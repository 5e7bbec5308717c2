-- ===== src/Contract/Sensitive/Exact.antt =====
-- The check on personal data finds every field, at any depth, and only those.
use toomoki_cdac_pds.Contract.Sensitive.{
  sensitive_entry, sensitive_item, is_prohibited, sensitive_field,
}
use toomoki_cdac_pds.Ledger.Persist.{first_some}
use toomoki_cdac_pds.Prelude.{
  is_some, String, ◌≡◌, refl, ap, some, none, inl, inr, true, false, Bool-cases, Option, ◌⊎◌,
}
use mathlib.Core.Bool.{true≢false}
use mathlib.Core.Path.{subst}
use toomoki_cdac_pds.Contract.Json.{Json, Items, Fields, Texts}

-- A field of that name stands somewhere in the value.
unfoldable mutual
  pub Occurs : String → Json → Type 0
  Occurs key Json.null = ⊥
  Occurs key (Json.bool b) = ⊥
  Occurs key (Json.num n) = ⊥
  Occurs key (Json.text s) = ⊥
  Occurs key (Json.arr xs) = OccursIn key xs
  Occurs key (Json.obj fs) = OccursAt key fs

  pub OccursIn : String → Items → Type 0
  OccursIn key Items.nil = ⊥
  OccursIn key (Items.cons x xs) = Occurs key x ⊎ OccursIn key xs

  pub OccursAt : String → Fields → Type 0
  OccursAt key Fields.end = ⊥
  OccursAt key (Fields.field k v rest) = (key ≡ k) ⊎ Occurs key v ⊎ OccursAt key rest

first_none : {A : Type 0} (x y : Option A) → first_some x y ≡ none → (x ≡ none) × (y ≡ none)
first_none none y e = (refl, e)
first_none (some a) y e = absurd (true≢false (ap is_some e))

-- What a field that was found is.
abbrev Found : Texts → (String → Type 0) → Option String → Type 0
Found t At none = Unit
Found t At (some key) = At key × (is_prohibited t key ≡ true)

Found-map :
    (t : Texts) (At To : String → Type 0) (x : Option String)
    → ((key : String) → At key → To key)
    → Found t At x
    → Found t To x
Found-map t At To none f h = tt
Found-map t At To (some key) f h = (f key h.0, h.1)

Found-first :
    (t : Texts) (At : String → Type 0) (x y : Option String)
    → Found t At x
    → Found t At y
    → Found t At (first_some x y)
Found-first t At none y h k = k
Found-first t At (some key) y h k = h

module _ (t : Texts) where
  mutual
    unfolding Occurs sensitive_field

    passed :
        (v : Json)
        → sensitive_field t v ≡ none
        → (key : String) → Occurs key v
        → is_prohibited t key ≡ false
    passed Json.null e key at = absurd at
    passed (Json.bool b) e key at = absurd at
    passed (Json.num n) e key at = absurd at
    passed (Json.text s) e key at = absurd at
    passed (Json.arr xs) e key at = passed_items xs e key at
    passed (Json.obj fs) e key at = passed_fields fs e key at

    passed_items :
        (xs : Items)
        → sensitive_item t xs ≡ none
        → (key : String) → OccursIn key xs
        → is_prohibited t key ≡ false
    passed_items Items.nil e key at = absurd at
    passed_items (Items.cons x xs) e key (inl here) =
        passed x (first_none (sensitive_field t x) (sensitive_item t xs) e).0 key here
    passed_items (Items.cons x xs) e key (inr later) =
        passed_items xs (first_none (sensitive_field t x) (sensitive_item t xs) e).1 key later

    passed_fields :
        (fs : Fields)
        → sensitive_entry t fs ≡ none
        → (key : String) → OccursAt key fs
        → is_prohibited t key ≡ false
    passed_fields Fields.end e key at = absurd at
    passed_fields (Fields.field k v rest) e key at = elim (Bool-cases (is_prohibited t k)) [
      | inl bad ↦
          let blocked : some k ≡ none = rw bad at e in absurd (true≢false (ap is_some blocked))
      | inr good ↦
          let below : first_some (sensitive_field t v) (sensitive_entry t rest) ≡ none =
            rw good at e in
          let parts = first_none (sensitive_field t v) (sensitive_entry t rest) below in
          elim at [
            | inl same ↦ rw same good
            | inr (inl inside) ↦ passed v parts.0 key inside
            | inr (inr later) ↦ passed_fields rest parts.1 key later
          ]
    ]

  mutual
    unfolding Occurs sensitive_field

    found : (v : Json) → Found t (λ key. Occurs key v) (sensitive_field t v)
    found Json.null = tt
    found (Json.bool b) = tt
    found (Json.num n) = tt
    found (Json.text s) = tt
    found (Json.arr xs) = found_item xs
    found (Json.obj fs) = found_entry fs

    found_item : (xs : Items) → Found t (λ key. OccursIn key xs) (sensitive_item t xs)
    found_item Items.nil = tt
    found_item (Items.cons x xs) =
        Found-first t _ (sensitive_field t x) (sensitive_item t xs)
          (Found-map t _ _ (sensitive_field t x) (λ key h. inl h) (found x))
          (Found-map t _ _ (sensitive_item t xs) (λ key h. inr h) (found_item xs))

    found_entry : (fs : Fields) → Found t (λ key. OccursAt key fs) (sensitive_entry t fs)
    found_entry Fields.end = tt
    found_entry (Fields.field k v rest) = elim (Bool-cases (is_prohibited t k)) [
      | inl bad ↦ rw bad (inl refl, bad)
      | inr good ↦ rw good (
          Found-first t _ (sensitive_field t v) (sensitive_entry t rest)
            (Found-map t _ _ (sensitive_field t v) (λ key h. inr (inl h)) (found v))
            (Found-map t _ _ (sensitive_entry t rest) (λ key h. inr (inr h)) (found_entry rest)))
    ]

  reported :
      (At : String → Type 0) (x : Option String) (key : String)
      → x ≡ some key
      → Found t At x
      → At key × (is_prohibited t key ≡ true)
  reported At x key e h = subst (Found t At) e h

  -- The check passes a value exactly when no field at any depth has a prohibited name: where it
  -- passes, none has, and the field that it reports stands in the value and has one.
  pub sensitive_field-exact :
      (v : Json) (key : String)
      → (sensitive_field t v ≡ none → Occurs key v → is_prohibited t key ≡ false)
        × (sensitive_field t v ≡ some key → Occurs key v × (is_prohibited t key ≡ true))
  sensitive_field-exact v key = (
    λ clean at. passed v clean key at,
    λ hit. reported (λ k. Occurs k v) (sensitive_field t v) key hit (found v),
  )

YOUR TASK - Set down the complete listing once more, exactly as it stands above.

SOLUTION TO THIS TASK -
repository 5e7bbec5308717c2
-- ===== src/Contract/Sensitive/Exact.antt =====
-- The check on personal data finds every field, at any depth, and only those.
use toomoki_cdac_pds.Contract.Sensitive.{
  sensitive_entry, sensitive_item, is_prohibited, sensitive_field,
}
use toomoki_cdac_pds.Ledger.Persist.{first_some}
use toomoki_cdac_pds.Prelude.{
  is_some, String, ◌≡◌, refl, ap, some, none, inl, inr, true, false, Bool-cases, Option, ◌⊎◌,
}
use mathlib.Core.Bool.{true≢false}
use mathlib.Core.Path.{subst}
use toomoki_cdac_pds.Contract.Json.{Json, Items, Fields, Texts}

-- A field of that name stands somewhere in the value.
unfoldable mutual
  pub Occurs : String → Json → Type 0
  Occurs key Json.null = ⊥
  Occurs key (Json.bool b) = ⊥
  Occurs key (Json.num n) = ⊥
  Occurs key (Json.text s) = ⊥
  Occurs key (Json.arr xs) = OccursIn key xs
  Occurs key (Json.obj fs) = OccursAt key fs

  pub OccursIn : String → Items → Type 0
  OccursIn key Items.nil = ⊥
  OccursIn key (Items.cons x xs) = Occurs key x ⊎ OccursIn key xs

  pub OccursAt : String → Fields → Type 0
  OccursAt key Fields.end = ⊥
  OccursAt key (Fields.field k v rest) = (key ≡ k) ⊎ Occurs key v ⊎ OccursAt key rest

first_none : {A : Type 0} (x y : Option A) → first_some x y ≡ none → (x ≡ none) × (y ≡ none)
first_none none y e = (refl, e)
first_none (some a) y e = absurd (true≢false (ap is_some e))

-- What a field that was found is.
abbrev Found : Texts → (String → Type 0) → Option String → Type 0
Found t At none = Unit
Found t At (some key) = At key × (is_prohibited t key ≡ true)

Found-map :
    (t : Texts) (At To : String → Type 0) (x : Option String)
    → ((key : String) → At key → To key)
    → Found t At x
    → Found t To x
Found-map t At To none f h = tt
Found-map t At To (some key) f h = (f key h.0, h.1)

Found-first :
    (t : Texts) (At : String → Type 0) (x y : Option String)
    → Found t At x
    → Found t At y
    → Found t At (first_some x y)
Found-first t At none y h k = k
Found-first t At (some key) y h k = h

module _ (t : Texts) where
  mutual
    unfolding Occurs sensitive_field

    passed :
        (v : Json)
        → sensitive_field t v ≡ none
        → (key : String) → Occurs key v
        → is_prohibited t key ≡ false
    passed Json.null e key at = absurd at
    passed (Json.bool b) e key at = absurd at
    passed (Json.num n) e key at = absurd at
    passed (Json.text s) e key at = absurd at
    passed (Json.arr xs) e key at = passed_items xs e key at
    passed (Json.obj fs) e key at = passed_fields fs e key at

    passed_items :
        (xs : Items)
        → sensitive_item t xs ≡ none
        → (key : String) → OccursIn key xs
        → is_prohibited t key ≡ false
    passed_items Items.nil e key at = absurd at
    passed_items (Items.cons x xs) e key (inl here) =
        passed x (first_none (sensitive_field t x) (sensitive_item t xs) e).0 key here
    passed_items (Items.cons x xs) e key (inr later) =
        passed_items xs (first_none (sensitive_field t x) (sensitive_item t xs) e).1 key later

    passed_fields :
        (fs : Fields)
        → sensitive_entry t fs ≡ none
        → (key : String) → OccursAt key fs
        → is_prohibited t key ≡ false
    passed_fields Fields.end e key at = absurd at
    passed_fields (Fields.field k v rest) e key at = elim (Bool-cases (is_prohibited t k)) [
      | inl bad ↦
          let blocked : some k ≡ none = rw bad at e in absurd (true≢false (ap is_some blocked))
      | inr good ↦
          let below : first_some (sensitive_field t v) (sensitive_entry t rest) ≡ none =
            rw good at e in
          let parts = first_none (sensitive_field t v) (sensitive_entry t rest) below in
          elim at [
            | inl same ↦ rw same good
            | inr (inl inside) ↦ passed v parts.0 key inside
            | inr (inr later) ↦ passed_fields rest parts.1 key later
          ]
    ]

  mutual
    unfolding Occurs sensitive_field

    found : (v : Json) → Found t (λ key. Occurs key v) (sensitive_field t v)
    found Json.null = tt
    found (Json.bool b) = tt
    found (Json.num n) = tt
    found (Json.text s) = tt
    found (Json.arr xs) = found_item xs
    found (Json.obj fs) = found_entry fs

    found_item : (xs : Items) → Found t (λ key. OccursIn key xs) (sensitive_item t xs)
    found_item Items.nil = tt
    found_item (Items.cons x xs) =
        Found-first t _ (sensitive_field t x) (sensitive_item t xs)
          (Found-map t _ _ (sensitive_field t x) (λ key h. inl h) (found x))
          (Found-map t _ _ (sensitive_item t xs) (λ key h. inr h) (found_item xs))

    found_entry : (fs : Fields) → Found t (λ key. OccursAt key fs) (sensitive_entry t fs)
    found_entry Fields.end = tt
    found_entry (Fields.field k v rest) = elim (Bool-cases (is_prohibited t k)) [
      | inl bad ↦ rw bad (inl refl, bad)
      | inr good ↦ rw good (
          Found-first t _ (sensitive_field t v) (sensitive_entry t rest)
            (Found-map t _ _ (sensitive_field t v) (λ key h. inr (inl h)) (found v))
            (Found-map t _ _ (sensitive_entry t rest) (λ key h. inr (inr h)) (found_entry rest)))
    ]

  reported :
      (At : String → Type 0) (x : Option String) (key : String)
      → x ≡ some key
      → Found t At x
      → At key × (is_prohibited t key ≡ true)
  reported At x key e h = subst (Found t At) e h

  -- The check passes a value exactly when no field at any depth has a prohibited name: where it
  -- passes, none has, and the field that it reports stands in the value and has one.
  pub sensitive_field-exact :
      (v : Json) (key : String)
      → (sensitive_field t v ≡ none → Occurs key v → is_prohibited t key ≡ false)
        × (sensitive_field t v ≡ some key → Occurs key v × (is_prohibited t key ≡ true))
  sensitive_field-exact v key = (
    λ clean at. passed v clean key at,
    λ hit. reported (λ k. Occurs k v) (sensitive_field t v) key hit (found v),
  )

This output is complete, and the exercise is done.